Reading the book and writing the rebuilding journal alongside helped me stitch my broken heart together and find my strength. At the end of 2023, on 31st December, as I finished the last page of the book and wrote down the last period on my rebuilding journal, I felt the tranquility that had been long lost over the last years. My heart, mind and body were filled with strength and positive energy generated from true self love. As I flipped through all of the highlighted quotes in the book, my heart pounded with the urge to share those words with people I know and care about, and with anyone I can reach through my blog. You all deserve to be nurtured by those beautiful and empowering words.
To you, my readers, no matter whatever you are going through in life, do know that you have more strength in you than you may think, and you deserve to be loved. Here are the 10 quotes from the book that I wanted to share with you:
As adults, we forget to pay attention to our feelings, to be creative, to take time for ourselves, to invest in our spiritual well-being. We internalised the rejection of these healthy parts in order to get along, to belong, to get good grades, to make money, to be what others wanted us to be. Now we feel more or less unloved, not nurtured, not okay.
Your inner critic is SMALLER than you are, and you can be BIGGER than it is. Consciously make a decision to start listening to that part. Acknowledge the voice, and it will eventually start softening the words it uses. When your critic has finished speaking each time, you may respond with a simple “Thank you.”
You are a worthwhile person, capable of loving and being loved. You have something special to offer to others, and that is YOUR OWN UNIQUE INDIVIDUAL SELF.

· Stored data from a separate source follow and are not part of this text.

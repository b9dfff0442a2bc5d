-- ===== src/Ranges/Add.antt =====
-- `range_add` of lib/ranges.c: where it puts a range, and what the list then covers.
use prephv.Base.{
  ℕ, ◌+◌, ◌^◌, ◌≤◌, ◌<◌, ◌≡◌, refl, true, ◌||◌, [], ◌∷◌, ◌++◌, arith, done, halt, ltb,
  if◌then◌else◌, Bool-cases, inl, inr, ◌⊎◌,
}
use prephv.Ranges.{Range, Ranges, range, Malloc, insert, range_add}
use prephv.Ranges.Cut.{inside, covers, IsSorted, IsBelow}

-- A range that starts above all those of `pre` and ends below `x` goes between them.
pub insert-before :
    (r x : Range) (pre : Ranges)
    → r.base ≤ r.limit
    → r.limit < x.base
    → IsBelow r.base pre
    → insert r (pre ++ x ∷ []) ≡ done (pre ++ r ∷ x ∷ [])
unfolding insert
insert-before r x [] h lt b = ground arith
insert-before r x (y ∷ ys) h lt b = ground (arith, insert-before r x ys)

-- No address of the interval is in a range of the list.
abbrev pub IsFree : ℕ → ℕ → Ranges → Type 0
IsFree base limit [] = Unit {0}
IsFree base limit (x ∷ xs) = ((limit < x.base) ⊎ (x.limit < base)) × IsFree base limit xs

-- Where a range goes that meets none of the list.
place : Range → Ranges → Ranges
place r [] = r ∷ []
place r (x ∷ xs) = if ltb r.limit x.base then r ∷ x ∷ xs else x ∷ place r xs

insert-place :
    (r : Range) (xs : Ranges) (lo : ℕ)
    → r.base ≤ r.limit
    → IsSorted lo xs
    → IsFree r.base r.limit xs
    → insert r xs ≡ done (place r xs)
unfolding insert place
insert-place r [] lo h s f = refl
insert-place r (x ∷ xs) lo h s f = ground (arith, insert-place r xs (x.limit + 1))

IsSorted-place :
    (r : Range) (xs : Ranges) (lo : ℕ)
    → lo ≤ r.base
    → r.base ≤ r.limit
    → r.limit < 2 ^ 64
    → IsSorted lo xs
    → IsFree r.base r.limit xs
    → IsSorted lo (place r xs)
unfolding place
IsSorted-place r [] lo p q u s f = (p, q, u, tt)
IsSorted-place r (x ∷ xs) lo p q u s f = elim (Bool-cases (ltb r.limit x.base)) [
  | inl lt ↦ rw lt (p, q, u, (ground arith, s.1, s.2, s.3))
  | inr ge ↦ rw ge (s.0, s.1, s.2, IsSorted-place r xs (x.limit + 1) (ground arith) q u s.3 f.1)
]

covers-place :
    (r : Range) (xs : Ranges) (a : ℕ)
    → covers (place r xs) a ≡ (inside r.base r.limit a || covers xs a)
unfolding place covers
covers-place r [] a = refl
covers-place r (x ∷ xs) a = ground (arith, covers-place r xs a)

-- With memory for its node, a non-empty interval of 64-bit addresses that meets no range of a
-- sorted list is added: the list stays sorted, and covers exactly what it covered and the
-- interval.
pub range_add-covers :
    (mem : Malloc) (xs : Ranges) (base limit : ℕ)
    → mem base limit ≡ true
    → base < limit
    → limit < 2 ^ 64
    → IsSorted 0 xs
    → IsFree base limit xs
    → (ys : Ranges) × (range_add mem xs base limit ≡ done ys)
      × IsSorted 0 ys
      × ((a : ℕ) → covers ys a ≡ (inside base limit a || covers xs a))
unfolding range_add
range_add-covers mem xs base limit m lt u s f = (
  place (range base limit) xs,
  ground (arith, insert-place (range base limit) xs 0),
  IsSorted-place (range base limit) xs 0 (omega arith) (omega arith) u s f,
  covers-place (range base limit) xs,
)

insert-within :
    (r x : Range) (pre post : Ranges)
    → r.base ≤ r.limit
    → x.base ≤ r.base
    → r.limit ≤ x.limit
    → IsBelow r.base pre
    → insert r (pre ++ x ∷ post) ≡ halt
unfolding insert
insert-within r x [] post h p q b = ground arith
insert-within r x (y ∷ ys) post h p q b = ground (arith, insert-within r x ys post)

-- Behind ranges that all lie below it, an interval that lies within the next range stops the
-- machine, whatever stands behind that range; so does an interval of one address or none.
pub range_add-halt :
    (mem : Malloc) (pre post : Ranges) (x : Range) (base limit : ℕ)
    → IsBelow base pre
    → (limit ≤ base) ⊎ ((x.base ≤ base) × (limit ≤ x.limit))
    → range_add mem (pre ++ x ∷ post) base limit ≡ halt
unfolding range_add
range_add-halt mem pre post x base limit b why =
    ground (arith, insert-within (range base limit) x pre post)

You need to learn that you can face the ghosts of the unknown future, living one day at a time. The things you’re afraid of lead you to knowing yourself better.
We have to take risks to learn to TRUST. Risks may backfire and lead to rejection or misunderstanding, but they’re necessary if one is to become close and experience intimacy again. The rewards are worth the risks.

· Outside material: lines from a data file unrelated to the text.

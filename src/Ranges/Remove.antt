-- ===== src/Ranges/Remove.antt =====
-- `range_remove` of lib/ranges.c takes an interval out of a sorted list, unless it has to leave
-- a single address in front of the interval.
use prephv.Base.{
  ℕ, ◌+◌, ◌-◌, ◌^◌, ◌≤◌, ◌<◌, ◌≡◌, true, ◌&&◌, ◌||◌, not, [], ◌∷◌, ◌++◌, arith, done, ltb,
  Bool-cases, inl, inr, ◌⊎◌,
}
use prephv.Ranges.{Range, Ranges, range, Malloc, remove_step, remove_loop, range_remove}
use prephv.Ranges.Cut.{
  inside, covers, IsSorted, IsBelow, IsBelow-append, IsBelow-weaken, cut, cut_all, covers-cut_all,
  IsSorted-cut_all,
}
use prephv.Ranges.Add.{insert-before}
use mathlib.Core.List.{append_assoc, append-nil}

-- The range begins at least two addresses before `base` if it reaches past both ends.
abbrev pub HasRoom : ℕ → ℕ → Range → Type 0
HasRoom base limit x = (base ≤ x.base) ⊎ (x.limit ≤ limit) ⊎ (x.base + 1 < base)

abbrev pub AllHaveRoom : ℕ → ℕ → Ranges → Type 0
AllHaveRoom base limit [] = Unit {0}
AllHaveRoom base limit (x ∷ xs) = HasRoom base limit x × AllHaveRoom base limit xs

module _ (mem : Malloc) (base limit : ℕ) (has_mem : (b l : ℕ) → mem b l ≡ true)
    (ordered : base < limit) (fits : limit < 2 ^ 64) where
  step-cut :
      (pre : Ranges) (x : Range)
      → x.base ≤ x.limit
      → x.limit < 2 ^ 64
      → IsBelow x.base pre
      → HasRoom base limit x
      → remove_step mem base limit pre x ≡ done (pre ++ cut base limit x)
  unfolding remove_step cut
  step-cut pre x h u b room = ground (
    arith,
    has_mem x.base (base - 1),
    append-nil pre,
    insert-before (range x.base (base - 1)) (range (limit + 1) x.limit) pre,
  )

  IsBelow-cut : (x : Range) → x.base ≤ x.limit → IsBelow (x.limit + 1) (cut base limit x)
  unfolding cut
  IsBelow-cut x h = elim (Bool-cases (ltb limit x.base || ltb x.limit base)) [
    | inl out ↦ rw out (h, omega arith, tt)
    | inr meets ↦ rw meets (elim (Bool-cases (ltb x.base base)) [
      | inl left ↦ rw left (elim (Bool-cases (ltb limit x.limit)) [
        | inl right ↦ rw right (ground arith, ground arith, (ground arith, ground arith, tt))
        | inr clear ↦ rw clear (ground arith, ground arith, tt)
      ])
      | inr clear ↦ rw clear (elim (Bool-cases (ltb limit x.limit)) [
        | inl right ↦ rw right (ground arith, ground arith, tt)
        | inr clear' ↦ rw clear' tt
      ])
    ])
  ]

  loop-cut_all :
      (pre xs : Ranges) (lo : ℕ)
      → IsBelow lo pre
      → IsSorted lo xs
      → AllHaveRoom base limit xs
      → remove_loop mem base limit pre xs ≡ done (pre ++ cut_all base limit xs)
  unfolding remove_loop cut_all
  loop-cut_all pre [] lo b s room = rw append-nil
  loop-cut_all pre (x ∷ xs) lo b s room =
      let below : IsBelow x.base pre = IsBelow-weaken lo x.base pre s.0 b in
      rw (step-cut pre x s.1 s.2 below room.0) (
        rw (← append_assoc) (
          loop-cut_all (pre ++ cut base limit x) xs (x.limit + 1)
            (IsBelow-append x.base (x.limit + 1) pre (cut base limit x) below (omega arith)
              (IsBelow-cut x s.1))
            s.3 room.1))

  pub range_remove-cut_all :
      (xs : Ranges)
      → IsSorted 0 xs
      → AllHaveRoom base limit xs
      → range_remove mem base limit xs ≡ done (cut_all base limit xs)
  unfolding range_remove
  range_remove-cut_all xs s room = ground (arith, loop-cut_all [] xs 0 tt s room)

  -- A non-empty interval of 64-bit addresses is taken out of a sorted list, given memory for
  -- the nodes and, in front of the interval, no range that keeps one address alone: the list
  -- stays sorted, and it covers exactly what it covered outside of the interval.
  pub range_remove-covers :
      (xs : Ranges)
      → IsSorted 0 xs
      → AllHaveRoom base limit xs
      → (ys : Ranges) × (range_remove mem base limit xs ≡ done ys)
        × IsSorted 0 ys
        × ((a : ℕ) → covers ys a ≡ (covers xs a && not (inside base limit a)))
  range_remove-covers xs s room = (
    cut_all base limit xs,
    range_remove-cut_all xs s room,
    IsSorted-cut_all base limit 0 xs (omega arith) s,
    λ a. covers-cut_all base limit xs a (omega arith),
  )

To know that you are valuable enough—just because you are you—to be loved regardless of how you act, that’s the greatest gift you can give yourself.
The basis for loving others is the love you have for yourself.
I would like to have my love be a warm glow, burning within me, warming me and the people with whom I came in contact. My friends would be warm without having to prove that they were lovable. They simply would feel warm by being close to my fire. Since a special, committed love relationship involves being very close, that special person gets an extra flow of warmth from my fire.
It is okay to love yourself. No, it’s more than okay — it is the way life is meant to be!
When you are ready to face life alone and have found happiness as a single person, then you are ready to face life together with another person.